The currency crisis of 2013, in wake of the taper talk, was unprecedented because India was among only a handful of countries called the “fragile five", facing acute currency pressure. To stem speculative attacks, India tried everything from hiking interest rates to partial clamping down on dollar outflows. Nothing seemed to be working, perhaps not even an outright ban on import of gold (which thankfully was not tried).

At a recent discussion on the book, incumbent RBI governor Raghuram Rajan, who was then an officer on special duty in the RBI, recounted that among all the ideas in 2013 was also an “idiotic one". This was to entice dollar inflows into India, by offering subsidized protection against rupee depreciation. This would provide comfort to foreign investors. The forward cover (or full insurance cost) on the rupee-dollar was about 7% per annum, of which the RBI could cover 3.5%. Assuming an inflow of $10 billion, over a three-year period, this could easily cost the RBI and the exchequer between 10,000 crore and 20,000 crore. Seemed like a crazy and expensive idea. But slowly it gained traction, since if the rupee didn’t stabilize, the nation would lose much more by way of a higher import bill. For instance, a 4 fall on an import bill of $400 billion leads to an extra outgo of 1.6 trillion. So, reluctantly, Rajan signed on to the crazy idea. And lo and behold, this turned out to be the prize-winning trick. The nation received more than $30 billion. Not only did the rupee stabilize and strengthen, but three years later, the RBI ended up making a profit on its forward deals. It had shored up adequate reserves in forward purchases to provide for the repayment that will be due next month. So, an idiotic idea worked because it was an intelligent gamble, which paid off.
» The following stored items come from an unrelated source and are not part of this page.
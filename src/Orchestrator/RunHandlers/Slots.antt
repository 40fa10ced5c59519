-- ===== src/Orchestrator/RunHandlers/Slots.antt =====
-- The slots of concurrent runs that creating runs takes (agentorchestrator/server.go).
use nexixai_agentos.Prelude.{string_key}
use nexixai_agentos.Prelude.{
  ℕ, ◌+◌, ◌-◌, ◌≤◌, ◌<◌, String, ◌≡◌, refl, ◌∙◌, true, Option, none, some, List, [], ◌∷◌, ◌++◌,
  ◌==◌, ◌||◌, if◌then◌else◌, ltb, eqb, length, ==_refl, length-append, Bool-cases, Option-cases,
  inl, inr, arith,
}
use nexixai_agentos.Quota.MemoryBackend.{
  MemoryBackend, allow_qps, try_inc_concurrent, dec_concurrent,
}
use nexixai_agentos.Quota.MemoryBackend.Concurrency.{
  in_use, in_use-allow_qps, in_use-dec, try_inc_taken,
}
use nexixai_agentos.Orchestrator.Types.{Run}
use nexixai_agentos.Orchestrator.RunStore.{
  FileRunStore, StoreError, context_done, run_exists, invalid_run, persist_failed, create,
  get_by_idempotency_key,
}
use nexixai_agentos.Orchestrator.RunHandlers.{
  Settings, Server, Call, RunCreateRequest, Response, created_run, submit, release, within_budget,
  admit, run_of, store_error, on_created, on_existing, on_body, on_admitted, handle_run_create,
  on_batch_created, on_batch_admitted, batch_one, batch_runs, handle_run_batch,
}

module _ (cfg : Settings) (tenant : String) where
  abbrev pub slots : Server → ℕ
  slots s = in_use s.limiter tenant

  -- From one server state to another, n runs were handed to the executor and n slots taken.
  pub record Balanced (n : ℕ) (s s' : Server) : Type 0 where
    pub taken : in_use s'.limiter tenant ≡ in_use s.limiter tenant + n
    pub handed : length s'.submitted ≡ length s.submitted + n
    pub bounded :
        in_use s.limiter tenant ≤ cfg.max_concurrent → in_use s'.limiter tenant ≤ cfg.max_concurrent

  -- The runs that a response to a single request reports as created.
  abbrev pub created_by : Response → ℕ
  created_by (created_run run) = 1
  created_by response = 0

  -- Admission takes one slot, below the limit, or none.
  abbrev Admitted : Server → Server × Option Response → Type 0
  Admitted s (s', none) =
      (in_use s'.limiter tenant ≡ in_use s.limiter tenant + 1)
      × (in_use s.limiter tenant < cfg.max_concurrent)
      × (length s'.submitted ≡ length s.submitted)
  Admitted s (s', some refusal) = Balanced (created_by refusal) s s'

  released_slots :
      (m : MemoryBackend) → in_use (dec_concurrent m tenant) tenant ≡ in_use m tenant - 1
  released_slots m = in_use-dec m tenant tenant ∙ rw (==_refl tenant) refl

  admit-Admitted : (s : Server) (now : ℕ) → Admitted s (admit cfg s tenant now)
  unfolding admit
  admit-Admitted s now =
      let (limiter, allowed) = allow_qps s.limiter tenant cfg.qps now in
      let (limiter', free) = try_inc_concurrent limiter tenant cfg.max_concurrent in
      let (budget, left) = within_budget cfg s.token_budget tenant now in
      let same = in_use-allow_qps s.limiter tenant tenant cfg.qps now in
      let taken = try_inc_taken limiter tenant cfg.max_concurrent in
      let released = released_slots limiter' in
      elim (Bool-cases allowed) [
        | inr b ↦
            rw b (record { taken = omega arith; handed = omega arith; bounded = λ h. omega arith })
        | inl b ↦ elim (Bool-cases free) [
          | inr f ↦
              rw (b, f)
                (record { taken = ground arith; handed = omega arith; bounded = λ h. ground arith })
          | inl f ↦ elim (Bool-cases left) [
            | inr l ↦
                rw (b, f, l)
                  (record {
                    taken = ground arith;
                    handed = omega arith;
                    bounded = λ h. ground arith;
                  })
            | inl l ↦ rw (b, f, l) (ground arith, ground arith, refl)
          ]
        ]
      ]

  released-Balanced : (s a : Server) → Admitted s (a, none) → Balanced 0 s (release cfg a tenant)
  released-Balanced s a h =
      let released = released_slots a.limiter in
      record { taken = omega arith; handed = omega (arith, h.2); bounded = λ b. omega arith }

  submitted-Balanced :
      (s a : Server) (run : Run)
      → cfg.has_executor ≡ true
      → Admitted s (a, none)
      → Balanced 1 s (submit cfg a run)
  submitted-Balanced s a run e h = simp e (record {
    taken = h.0;
    handed = omega (arith, length-append {0} a.submitted, h.2);
    bounded = λ b. omega arith;
  })

  -- The slots that a request has taken when it is answered.
  abbrev Answered : Server → Server × Response → Type 0
  Answered s (s', response) = Balanced (created_by response) s s'

  refused-Answered :
      (s s' : Server) (error : StoreError) → Balanced 0 s s' → Answered s (s', store_error error)
  refused-Answered s s' run_exists h = h
  refused-Answered s s' invalid_run h = h
  refused-Answered s s' persist_failed h = h
  refused-Answered s s' context_done h = h

  on_created-Answered :
      (s a : Server) (run : Run) (r : FileRunStore × Option StoreError)
      → cfg.has_executor ≡ true
      → Admitted s (a, none)
      → Answered s (on_created cfg a tenant run r)
  on_created-Answered s a run (runs, none) e h =
      submitted-Balanced s (record a { runs = runs }) run e h
  on_created-Answered s a run (runs, some error) e h =
      refused-Answered s (release cfg (record a { runs = runs }) tenant) error
        (released-Balanced s (record a { runs = runs }) h)

  on_existing-Answered :
      (s a : Server) (run : Run) (c : Call) (o : Option (Option Run))
      → cfg.has_executor ≡ true
      → Admitted s (a, none)
      → Answered s (on_existing cfg a tenant run c o)
  on_existing-Answered s a run c (some (some existing)) e h = released-Balanced s a h
  on_existing-Answered s a run c (some none) e h =
      on_created-Answered s a run (create cfg.storage_key a.runs c.ctx_done run c.disk_ok) e h
  on_existing-Answered s a run c none e h =
      on_created-Answered s a run (create cfg.storage_key a.runs c.ctx_done run c.disk_ok) e h

  on_body-Answered :
      (s a : Server) (agent : String) (c : Call) (body : Option RunCreateRequest)
      → cfg.has_executor ≡ true
      → Admitted s (a, none)
      → Answered s (on_body cfg a tenant agent c body)
  on_body-Answered s a agent c none e h = released-Balanced s a h
  on_body-Answered s a agent c (some req) e h =
      on_existing-Answered s a (run_of cfg tenant agent c req) c
        (if req.idempotency_key == ""
          then some none
          else get_by_idempotency_key a.runs c.ctx_done tenant req.idempotency_key)
        e h

  on_admitted-Answered :
      (s : Server) (agent : String) (c : Call) (body : Option RunCreateRequest)
      (r : Server × Option Response)
      → cfg.has_executor ≡ true
      → Admitted s r
      → Answered s (on_admitted cfg tenant agent c body r)
  on_admitted-Answered s agent c body (a, none) e h = on_body-Answered s a agent c body e h
  on_admitted-Answered s agent c body (a, some refusal) e h = h

  -- Where there is an executor, a request to create a run that is answered with a new run has handed
  -- one run to the executor and taken one slot of the tenant. Any other answer (refusals by each
  -- quota, a bad body, the run of a known idempotency key, errors of the store) has handed over no
  -- run and given back the slot that it took. The limit of concurrent runs is not exceeded, if it was not before.
  pub handle_run_create-Balanced :
      (s : Server) (agent : String) (c : Call) (body : Option RunCreateRequest)
      → cfg.has_executor ≡ true
      → let (s', response) = handle_run_create cfg s tenant agent c body in
        Balanced (created_by response) s s'
  unfolding handle_run_create
  handle_run_create-Balanced s agent c body e =
      on_admitted-Answered s agent c body (admit cfg s tenant c.now) e (admit-Admitted s c.now)

  -- Some number of slots, and as many runs handed to the executor.
  abbrev pub AnyBalanced : Server → Server → Type 0
  AnyBalanced s s' = (n : ℕ) × Balanced n s s'

  Balanced-trans :
      (m n : ℕ) (a b c : Server) → Balanced m a b → Balanced n b c → Balanced (m + n) a c
  Balanced-trans m n a b c p q = record {
    taken = omega (arith, p.taken, q.taken);
    handed = omega (arith, p.handed, q.handed);
    bounded = λ h. q.bounded (p.bounded h);
  }

  batch_one-Balanced :
      (s : Server) (run : Run) (c : Call) (created : List Run) (r : Server × Option Response)
      → cfg.has_executor ≡ true
      → Admitted s r
      → AnyBalanced s (on_batch_admitted cfg tenant run c created r).0
  batch_one-Balanced s run c created (a, some refusal) e h = (created_by refusal, h)
  batch_one-Balanced s run c created (a, none) e h =
      on_batch_created-Balanced (create cfg.storage_key a.runs c.ctx_done run c.disk_ok)
    where
      on_batch_created-Balanced :
          (r : FileRunStore × Option StoreError)
          → AnyBalanced s (on_batch_created cfg a tenant run created r).0
      on_batch_created-Balanced (runs, none) =
          (1, submitted-Balanced s (record a { runs = runs }) run e h)
      on_batch_created-Balanced (runs, some error) =
          (0, released-Balanced s (record a { runs = runs }) h)

  batch_runs-Balanced :
      (reqs : List (Call × RunCreateRequest)) (s : Server) (agent : String) (created : List Run)
      → cfg.has_executor ≡ true
      → AnyBalanced s (batch_runs cfg s tenant agent created reqs).0
  unfolding batch_one
  batch_runs-Balanced [] s agent created e =
      (0, record { taken = omega arith; handed = omega arith; bounded = λ h. h })
  batch_runs-Balanced ((c, req) ∷ reqs) s agent created e =
      let run = run_of cfg tenant agent c req in
      let (s', answer) = on_batch_admitted cfg tenant run c created (admit cfg s tenant c.now) in
      let one =
        batch_one-Balanced s run c created (admit cfg s tenant c.now) e (admit-Admitted s c.now) in
      let rest = batch_runs-Balanced reqs s' agent (created ++ run ∷ []) e in
      elim (Option-cases answer) [
        | inl n ↦
            rw (batch_runs, n) (one.0 + rest.0, Balanced-trans one.0 rest.0 s s' _ one.1 rest.1)
        | inr (response, n) ↦ rw (batch_runs, n) one
      ]

  -- Where there is an executor, a batch takes exactly as many slots of the tenant as it hands runs to
  -- the executor, whatever it is answered: also when a later request of it is refused, and the
  -- answer is an error. The limit of concurrent runs is not exceeded, if it was not before.
  pub handle_run_batch-Balanced :
      (s : Server) (agent : String) (body : Option (List (Call × RunCreateRequest)))
      → cfg.has_executor ≡ true
      → (n : ℕ) × Balanced n s (handle_run_batch cfg s tenant agent body).0
  unfolding handle_run_batch
  handle_run_batch-Balanced s agent none e =
      (0, record { taken = omega arith; handed = omega arith; bounded = λ h. h })
  handle_run_batch-Balanced s agent (some reqs) e =
      elim (Bool-cases (eqb (length reqs) 0 || ltb 50 (length reqs))) [
        | inl b ↦ rw b (0, record { taken = omega arith; handed = omega arith; bounded = λ h. h })
        | inr b ↦ rw b (batch_runs-Balanced reqs s agent [] e)
      ]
It was Subbarao’s magnanimity to let Rajan make the announcement of this dollar scheme in 2013. And Rajan, who got much credit for saving the rupee, was humble and gracious to admit that he initially thought the idea was idiotic. The noble actions don’t just speak about the personalities, but are also the hallmark of the institution and its maturity, which at 81, is older than the republic!

One lesson of this “idiotic idea" can be considered for setting the basic rate for the goods and services tax (GST). What if we consider a lower GST rate, say 15%? The fear of lower tax collection can be offset by the reimbursement, or insurance scheme (much like the RBI had offered insurance against rupee depreciation). So, states that might have a revenue shortfall will be fully reimbursed by the centre. Given the buoyancy in collection, and an extra 1.5% growth in gross domestic product, we might all be in for a pleasant surprise. This is just like how the RBI surprisingly garnered three times the dollars it had anticipated. This low GST rate too will provide a post-facto vindication of a gamble that works.

It is an intelligent gamble, whose odds improve much like a self-fulfilling prophecy. Undertaking the gamble itself improves its odds. In a broader sense, much of policymaking involves a gamble, but if done intelligently, can assure desired results. If the reimbursement to states is avoided because it might breach the fiscal deficit target, that too is a gamble worth taking.

Subbarao’s book is a must-read for all policymakers, as it provides them candid insights and useful lessons on how to navigate tough and unpredictable times. He was amused to learn that Who Moved My Interest Rate? is sometimes kept in the ‘self-help’ shelves of bookstores. Maybe that is just as well, as central bankers will testify!

Ajit Ranade is chief economist at Aditya Birla Group.